Dataset content:
┄┄┄┄┄┄

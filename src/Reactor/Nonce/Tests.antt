-- ===== src/Reactor/Nonce/Tests.antt =====
-- Runs: the first nonce, and the one after the last that is not reserved.
use go_uring.Base.{◌-◌, ◌≡◌, refl, some}
use go_uring.Reactor.RequestId.{cancel_nonce}
use go_uring.Reactor.Nonce.{next_nonce}

first : next_nonce 3 0 ≡ some 1
unfolding next_nonce
first = refl

wrapped : next_nonce 3 (cancel_nonce - 1) ≡ some 0
unfolding next_nonce
wrapped = refl
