-- ===== src/Reactor/Registry/Tests.antt =====
-- Instances: two shards, granules of 75, callbacks that are numbers.
use go_uring.Base.{ℕ, ◌≡◌, refl, List, [], ◌∷◌, none, some, ◌&&◌, ◌==◌, if◌then◌else◌, arith}
use go_uring.Base.Word.{add32}
use go_uring.Reactor.Registry.{
  CbRegistry, new_cb_registry, registry_add, registry_pop, shard_num_and_flatten_idx,
}
use go_uring.Reactor.Registry.Lookup.{
  IsRegistry, lookup, last_nonce, registry_add_lem, registry_pop_lem,
}
use go_uring.Reactor.Registry.Pending.{Call, adds, pops}
use go_uring.Reactor.Registry.Fresh.{new_cb_registry_lem}

abbrev fresh : CbRegistry ℕ
fresh = new_cb_registry 2 75

fresh_lem : IsRegistry fresh × (lookup fresh 80 1 ≡ none)
fresh_lem = new_cb_registry_lem 2 75 80 1 (omega arith) (omega arith)

place_80 : shard_num_and_flatten_idx fresh 80 ≡ (1, 5)
unfolding shard_num_and_flatten_idx new_cb_registry
place_80 = refl

registry_add_lem_example :
    let (n, r) = registry_add fresh 80 6 in
    IsRegistry r
    × (n ≡ add32 (last_nonce fresh 80) 1)
    × (lookup r 81 1 ≡ (if 80 == 81 && n == 1 then some 6 else lookup fresh 81 1))
    × (last_nonce r 81 ≡ (if 80 == 81 then n else last_nonce fresh 81))
registry_add_lem_example = registry_add_lem fresh fresh_lem.0 80 6 81 1

registry_pop_lem_example :
    let (cb, r) = registry_pop fresh 80 1 in
    IsRegistry r
    × (cb ≡ lookup fresh 80 1)
    × (lookup r 80 1 ≡ (if 80 == 80 && 1 == 1 then none else lookup fresh 80 1))
    × (last_nonce r 80 ≡ last_nonce fresh 80)
registry_pop_lem_example = registry_pop_lem fresh fresh_lem.0 80 1 80 1

abbrev later : List (Call ℕ)
later = adds 80 8 ∷ pops 5 1 ∷ []

abbrev added : ℕ × CbRegistry ℕ
added = registry_add fresh 80 6
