-- ===== src/Reactor/RequestId/Tests.antt =====
-- Instances: descriptor 9 with the nonce 3.
use go_uring.Base.{◌≡◌, arith}
use go_uring.Reactor.RequestId.{pack_request_id, request_fd, request_nonce}
use go_uring.Reactor.RequestId.Pack.{pack_request_id_lem}

pack_request_id_lem_example :
    (request_fd (pack_request_id 9 3) ≡ 9)
    × (request_nonce (pack_request_id 9 3) ≡ 3)
    × (pack_request_id (request_fd 0x500000008) (request_nonce 0x500000008) ≡ 0x500000008)
pack_request_id_lem_example =
    pack_request_id_lem 9 3 0x500000008 (omega arith) (omega arith) (omega arith)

┄┄┄┄┄┄

Work order: Once you reach the line containing "0x500000008) ≡ 0x500000008)", transcribe it and each line after it through the end of the material, exactly and with nothing added.

Response to this exercise:
    × (pack_request_id (request_fd 0x500000008) (request_nonce 0x500000008) ≡ 0x500000008)
pack_request_id_lem_example =
    pack_request_id_lem 9 3 0x500000008 (omega arith) (omega arith) (omega arith)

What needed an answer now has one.